THE father of missing serviceman Corrie McKeague has revealed that he feels he has “lost all three” of his sons over a family dispute in the wake of the RAF gunner’s disappearance.
Martin McKeague, from Cupar in Fife, said he has had no contact with sons Makeyan, 26, or Darroch, 21, since the family rowed days after middle brother Corrie, 23, vanished in September last year.
Mr McKeague, who split from his sons’ mother Nicola Urquhart 14 years ago, said: “When something terrible happens, you hope your family will pull together. But we have fallen apart.
“The last time I saw Makeyan and Darroch, it was emotional. We were upset, things started to get heated and I had to walk away.”
Mr McKeague said he did not want to disclose details of the argument but said he did not understand why his sons had “turned against me”.
It comes after it emerged on Saturday that police searching for Corrie, who was brought up in Dunfermline, have traced a potential witness.

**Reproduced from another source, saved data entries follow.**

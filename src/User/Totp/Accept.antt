-- ===== src/User/Totp/Accept.antt =====
-- packages/user/src/mfa/totp.ts: `verifyTotpCode` against `hotpCode` and `generateTotpCode`.
use aoothjs.Base.{
  ◌*◌, ℕ, ◌+◌, ◌-◌, ◌≤◌, ◌<◌, ◌≡◌, inl, inr, true, none, some, List, arith, leb, nat_beq, le→leb,
  nat_beq_iff, Bool-cases, length, Text, text_eq, nat_eq, string_eq,
}
use aoothjs.User.Totp.{
  TotpConfig, digits_of, window_of, counter_at, generate_totp_code, step_code, verify_totp_code,
}
use aoothjs.User.Totp.Window.{IsCurrent, AllCurrent, length-hotp_code, scan-IsCurrent, scan-finds}

module _ {Key : Type 0} (decode : Text → Key) (hmac : Key → List ℕ → List ℕ) where
  -- A code that is verified is the code of the counter that is answered, which lies within the
  -- window of the clock.
  pub verify_totp_code-IsCurrent :
      (now : ℕ) (secret code : Text) (config : TotpConfig) (c : ℕ)
      → verify_totp_code decode hmac now secret code config ≡ some (some c)
      → IsCurrent decode hmac
          (decode secret)
          (digits_of config)
          (window_of config)
          (counter_at now config)
          code
          c
  unfolding verify_totp_code AllCurrent
  verify_totp_code-IsCurrent now secret code config c h =
      elim (Bool-cases (nat_beq (length code) (digits_of config))) [
        | inl long ↦
            scan-IsCurrent decode hmac (decode secret) (digits_of config) (window_of config)
              (counter_at now config) code (2 * window_of config + 1) 0 none c (omega arith)
              (λ m e. absurd (ground (arith, e))) (simp long at h)
        | inr other ↦ absurd (ground (arith, simp other at h))
      ]

  -- A code that was generated from a secret is verified with it, where the counters of the two
  -- clocks lie within the window of each other, the codes have digits, and the window stays within
  -- the counters from zero to the last of eight bytes. The counter that is matched lies within the
  -- window of the clock, and the code is its code.
  pub verify_totp_code-generate_totp_code :
      (now sent : ℕ) (secret code : Text) (config : TotpConfig)
      → 1 ≤ digits_of config
      → generate_totp_code decode hmac sent secret config ≡ some code
      → window_of config ≤ counter_at now config
      → counter_at now config + window_of config < 0x10000000000000000
      → counter_at now config ≤ counter_at sent config + window_of config
      → counter_at sent config ≤ counter_at now config + window_of config
      → (c : ℕ) × (verify_totp_code decode hmac now secret code config ≡ some (some c))
        × IsCurrent decode hmac
            (decode secret)
            (digits_of config)
            (window_of config)
            (counter_at now config)
            code
            c
  unfolding verify_totp_code generate_totp_code step_code
  verify_totp_code-generate_totp_code now sent secret code config some_digits made early late recent
        soon =
      let counter = counter_at now config in
      let window = window_of config in
      let j = counter_at sent config + window - counter in
      let long : nat_beq (length code) (digits_of config) ≡ true =
        (nat_beq_iff (length code) (digits_of config)).1 (
          length-hotp_code decode hmac (decode secret) (counter_at sent config) (digits_of config)
            code some_digits made) in
      let reached : leb window (counter + j) ≡ true =
        le→leb window (counter + j) (omega (arith, recent)) in
      let there : counter + j - window ≡ counter_at sent config = omega (arith, recent) in
      let step : step_code decode hmac (decode secret) (digits_of config) window counter j
          ≡ some code =
        rw (reached, there) made in
      let (c, e) =
        scan-finds decode hmac (decode secret) (digits_of config) window counter code
          (2 * window + 1) 0 j none (early, late) (omega arith) (omega arith)
          (omega (arith, soon, recent)) step in
      let found : verify_totp_code decode hmac now secret code config ≡ some (some c) = rw long e in
      (c, found, verify_totp_code-IsCurrent now secret code config c found)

They are speaking to a cyclist who was seen on CCTV in Bury St Edmonds, Suffolk, around the time as Corrie vanished following a night out with friends.
The serviceman was last seen walking towards a refuse site in the town at 3.24am on September 24. He was reported missing on September 26 when he failed to turn up for duty at RAF Honington.
In December, the McKeague family announced that they were offering a five-figure reward for information which leads to Corrie’s discovery, branding the Suffolk police investigation “incompetent”.
It also emerged in January that Corrie’s girlfriend of five months, April Oliver, is pregnant with his child.
Last week, police announced they were to begin searching the landfill site in Bury St Edmonds for Corrie.
Mr McKeague said this had been a “body blow”.
He added: “Searching the landfill site will be a biblical task, it is so huge, and all we can do is wait – and it’s a gruelling, agonising, gut-wrenching kind of waiting.
“We just want answers about what happened to our boy, and we want him back.”